The SCUBA-2 Ultra Deep Imaging EAO Survey (STUDIES) is a three-year JCMT Large Program aiming at reaching the 450 \(\mu\)m confusion limit in the COSMOS-CANDELS region, to study a representative ...sample of the high-redshift far-infrared galaxy population that gives rise to the bulk of the far-infrared background. We present the first-year data from STUDIES. We have reached a 450 \(\mu\)m noise level of 0.91~mJy for point sources at the map center, covered an area of 151 arcmin\(^2\), and detected 98 and 141 sources at 4.0 and 3.5 \(\sigma\), respectively.
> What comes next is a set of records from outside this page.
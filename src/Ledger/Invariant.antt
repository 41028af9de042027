-- ===== src/Ledger/Invariant.antt =====
-- The invariant of the payment machine: balances are covered, and every registered key names one
-- refund with the registered parameters (packages/breakroom-core/src/breakroom/simulator.py).
use breakroom.Base.{
  ℕ, ◌+◌, ◌≤◌, ◌≡◌, refl, sym, ap, ◌∙◌, String, ◌⊎◌, inl, inr, Bool, true, false, ◌&&◌, ◌==◌,
  eq_refl, eq_of_test, none, some, List, [], ◌∷◌, ◌++◌, Bool-cases, arith, if◌then◌else◌,
  first-append_found, first-append_missing,
}
use breakroom.Simulator.Rows.{Order, Refund, RefundStatus, Parameters, Registration}
use breakroom.Simulator.Queries.{
  find_order, find_refund, find_registration, reserved, reserves, parameters_of,
}
use breakroom.Simulator.Clock.{settle, is_pending}
use breakroom.Simulator.Initialize.{registration_of}
use breakroom.Ledger.Machine.{Ledger, Allowed, Step, commit, settling, Reach, here, next}

-- How many refunds carry an operation key.
abbrev pub key_count : String → List Refund → ℕ
key_count k [] = 0
key_count k (r ∷ rs) = (if r.operation_key == k then 1 else 0) + key_count k rs

-- The parameters that a refund was created with.
abbrev pub refund_parameters : Refund → Parameters
refund_parameters r = parameters_of r.order_id r.amount_minor r.currency r.logical_request_id

-- A registration names a refund with its key and parameters.
abbrev pub Names : List Refund → Registration → Type 0
Names refunds g =
    (r : Refund) × (find_refund g.refund_id refunds ≡ some r)
    × (r.operation_key ≡ g.operation_key)
    × (refund_parameters r ≡ g.parameters)

pub record IsSound (l : Ledger) : Type 0 where
  pub balanced :
      (id : String) (o : Order)
      → find_order id l.orders ≡ some o
      → reserved id l.refunds ≤ o.amount_minor
  pub named :
      (k : String) (g : Registration) → find_registration k l.registry ≡ some g → Names l.refunds g
  pub unused : (k : String) → find_registration k l.registry ≡ none → key_count k l.refunds ≡ 0
  pub once : (k : String) → key_count k l.refunds ≤ 1

reserved-append :
    (id : String) (rs : List Refund) (r : Refund)
    → reserved id (rs ++ r ∷ [])
      ≡ reserved id rs + (if r.order_id == id && reserves r.status then r.amount_minor else 0)
unfolding reserved
reserved-append id [] r = omega arith
reserved-append id (x ∷ xs) r = omega (arith, reserved-append id xs r)

key_count-append :
    (k : String) (rs : List Refund) (r : Refund)
    → key_count k (rs ++ r ∷ []) ≡ key_count k rs + (if r.operation_key == k then 1 else 0)
key_count-append k [] r = omega arith
key_count-append k (x ∷ xs) r = omega (arith, key_count-append k xs r)

pub reserved-settle-le :
    (id i : String) (status : RefundStatus) (rs : List Refund)
    → reserved id (settle i status rs) ≤ reserved id rs
unfolding reserved settle
reserved-settle-le id i status [] = omega arith
reserved-settle-le id i status (r ∷ rs) = ground (arith, reserved-settle-le id i status rs)

key_count-settle :
    (k i : String) (status : RefundStatus) (rs : List Refund)
    → key_count k (settle i status rs) ≡ key_count k rs
unfolding settle
key_count-settle k i status [] = refl
key_count-settle k i status (r ∷ rs) = ground (arith, key_count-settle k i status rs)

abbrev Kept : Refund → Refund → Type 0
Kept r r' =
    (r'.id ≡ r.id)
    × (r'.operation_key ≡ r.operation_key)
    × (refund_parameters r' ≡ refund_parameters r)

Kept-if :
    (b : Bool) (status : RefundStatus) (r : Refund)
    → Kept r (if b then record r { status = status } else r)
Kept-if true status r = (refl, refl, refl)
Kept-if false status r = (refl, refl, refl)

-- Settling keeps what the other columns of a refund say.
pub find_refund-settle :
    (id i : String) (status : RefundStatus) (rs : List Refund) (r : Refund)
    → find_refund id rs ≡ some r
    → (r' : Refund) × (find_refund id (settle i status rs) ≡ some r')
      × (r'.operation_key ≡ r.operation_key)
      × (refund_parameters r' ≡ refund_parameters r)
unfolding find_refund settle
find_refund-settle id i status [] r h = cc
find_refund-settle id i status (x ∷ xs) r h =
    let hit = x.id == i && is_pending x.status in
    let y : Refund = if hit then record x { status = status } else x in
    let (same, key, parameters) = Kept-if hit status x in
    elim (Bool-cases (x.id == id)) [
      | inl here_it_is ↦
          let now : x ≡ r = ground (arith, here_it_is) in
          (
            y,
            rw (same, here_it_is),
            key ∙ ap (λ z. z.operation_key) now,
            parameters ∙ ap refund_parameters now,
          )
      | inr other ↦
          let (r', found, key', parameters') =
            find_refund-settle id i status xs r (ground (arith, other)) in
          (r', rw (same, other) found, key', parameters')
    ]

Names-append :
    (rs : List Refund) (r : Refund) (g : Registration) → Names rs g → Names (rs ++ r ∷ []) g
unfolding find_refund
Names-append rs r g (x, found, key, parameters) =
    (x, first-append_found _ rs (r ∷ []) x found, key, parameters)

Names-new :
    (rs : List Refund) (r : Refund)
    → find_refund r.id rs ≡ none
    → Names (rs ++ r ∷ []) (registration_of r)
unfolding find_refund
Names-new rs r fresh = (r, first-append_missing _ rs (r ∷ []) fresh ∙ rw eq_refl refl, refl, refl)

Names-settle :
    (i : String) (status : RefundStatus) (rs : List Refund) (g : Registration)
    → Names rs g
    → Names (settle i status rs) g
Names-settle i status rs g (r, found, key, parameters) =
    let (r', found', key', parameters') = find_refund-settle g.refund_id i status rs r found in
    (r', found', key' ∙ key, parameters' ∙ parameters)

-- The row that a lookup finds behind one more row.
find_registration-append :
    (k : String) (gs : List Registration) (g x : Registration)
    → find_registration k (gs ++ g ∷ []) ≡ some x
    → (find_registration k gs ≡ some x) ⊎ (x ≡ g)
unfolding find_registration
find_registration-append k [] g x h = ground arith
find_registration-append k (y ∷ ys) g x h = ground (arith, find_registration-append k ys g x)

find_registration-append_none :
    (k : String) (gs : List Registration) (g : Registration)
    → find_registration k (gs ++ g ∷ []) ≡ none
    → (find_registration k gs ≡ none) × ((g.operation_key == k) ≡ false)
unfolding find_registration
find_registration-append_none k [] g h = ground arith
find_registration-append_none k (y ∷ ys) g h = ground (arith, find_registration-append_none k ys g)

module _ (l : Ledger) (r : Refund) (a : Allowed l r) (s : IsSound l) where
  commit_balanced :
      (id : String) (o : Order)
      → find_order id l.orders ≡ some o
      → reserved id (l.refunds ++ r ∷ []) ≤ o.amount_minor
  commit_balanced id o found = elim (Bool-cases (r.order_id == id)) [
    | inl hit ↦
        let same : some a.order ≡ some o =
          sym a.owned ∙ ap (λ k. find_order k l.orders) (eq_of_test r.order_id id hit) ∙ found in
        let taken : reserved r.order_id l.refunds ≡ reserved id l.refunds =
          ap (λ k. reserved k l.refunds) (eq_of_test r.order_id id hit) in
        ground (arith, reserved-append id l.refunds r, hit, same, taken, a.covered)
    | inr miss ↦ ground (arith, reserved-append id l.refunds r, miss, s.balanced id o found)
  ]

  commit_named :
      (k : String) (g : Registration)
      → find_registration k (l.registry ++ registration_of r ∷ []) ≡ some g
      → Names (l.refunds ++ r ∷ []) g
  commit_named k g found =
      elim (find_registration-append k l.registry (registration_of r) g found) [
        | inl old ↦ Names-append l.refunds r g (s.named k g old)
        | inr new ↦ rw new (Names-new l.refunds r a.fresh_id)
      ]

  commit_unused :
      (k : String)
      → find_registration k (l.registry ++ registration_of r ∷ []) ≡ none
      → key_count k (l.refunds ++ r ∷ []) ≡ 0
  commit_unused k missing =
      let (old, other) = find_registration-append_none k l.registry (registration_of r) missing in
      ground (arith, key_count-append k l.refunds r, other, s.unused k old)

  commit_once : (k : String) → key_count k (l.refunds ++ r ∷ []) ≤ 1
  commit_once k = elim (Bool-cases (r.operation_key == k)) [
    | inl hit ↦
        let fresh : find_registration k l.registry ≡ none =
          ap (λ j. find_registration j l.registry) (sym (eq_of_test r.operation_key k hit))
          ∙ a.fresh_key in
        ground (arith, key_count-append k l.refunds r, hit, s.unused k fresh)
    | inr miss ↦ ground (arith, key_count-append k l.refunds r, miss, s.once k)
  ]

pub Step-IsSound : {l m : Ledger} → Step l m → IsSound l → IsSound m
Step-IsSound {l} (commit r a e) s = rw e (record {
  balanced = commit_balanced l r a s;
  named = commit_named l r a s;
  unused = commit_unused l r a s;
  once = commit_once l r a s;
})
Step-IsSound {l} (settling i status e) s = rw e (record {
  balanced =
      λ id o found. omega (arith, reserved-settle-le id i status l.refunds, s.balanced id o found);
  named = λ k g found. Names-settle i status l.refunds g (s.named k g found);
  unused = λ k missing. key_count-settle k i status l.refunds ∙ s.unused k missing;
  once = λ k. omega (arith, key_count-settle k i status l.refunds, s.once k);
})

pub Reach-IsSound : {l m : Ledger} → Reach l m → IsSound l → IsSound m
Reach-IsSound here s = s
Reach-IsSound (next r st) s = Step-IsSound st (Reach-IsSound r s)

Step-registry :
    {l m : Ledger} (k : String) (g : Registration)
    → Step l m
    → find_registration k l.registry ≡ some g
    → find_registration k m.registry ≡ some g
unfolding find_registration
Step-registry {l} k g (commit r a e) h =
    rw e (first-append_found _ l.registry (registration_of r ∷ []) g h)
Step-registry {l} k g (settling i status e) h = rw e h

-- A registered key stays registered, to the same refund and parameters.
pub Reach-registry :
    {l m : Ledger} (k : String) (g : Registration)
    → Reach l m
    → find_registration k l.registry ≡ some g
    → find_registration k m.registry ≡ some g
Reach-registry k g here h = h
Reach-registry k g (next r st) h = Step-registry k g st (Reach-registry k g r h)

pub Reach-orders : {l m : Ledger} → Reach l m → m.orders ≡ l.orders
Reach-orders here = refl
Reach-orders (next r (commit x a e)) = ap (λ n. n.orders) e ∙ Reach-orders r
Reach-orders (next r (settling i status e)) = ap (λ n. n.orders) e ∙ Reach-orders r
Our derived counts are best constrained in the 3.5-25 mJy regime using directly detected sources. Below the detection limits, our fluctuation analysis further constrains the slope of the counts down to 1 mJy. The resulting counts at 1-25 mJy are consistent with a power law having a slope of \(-2.59\) (\(\pm0.10\) for 3.5-25 mJy, and \(^{+0.4}_{-0.7}\) for 1-3.5 mJy). There is no evidence of a faint-end termination or turn-over of the counts in this flux density range. Our counts are also consistent with previous SCUBA-2 blank-field and lensing cluster surveys. The integrated surface brightness from our counts down to 1 mJy is \(90.0\pm17.2\) Jy deg\(^{-2}\), which can account for up to \(83^{+15}_{-16}\%\) of the COBE 450 \(\mu\)m background. We show that Herschel counts at 350 and 500 \(\mu\)m are significantly higher than our 450 \(\mu\)m counts, likely caused by its large beam and source clustering. High-angular resolution instruments like SCUBA-2 at 450 \(\mu\)m are therefore highly beneficial for measuring the luminosity and spatial density of high-redshift dusty galaxies.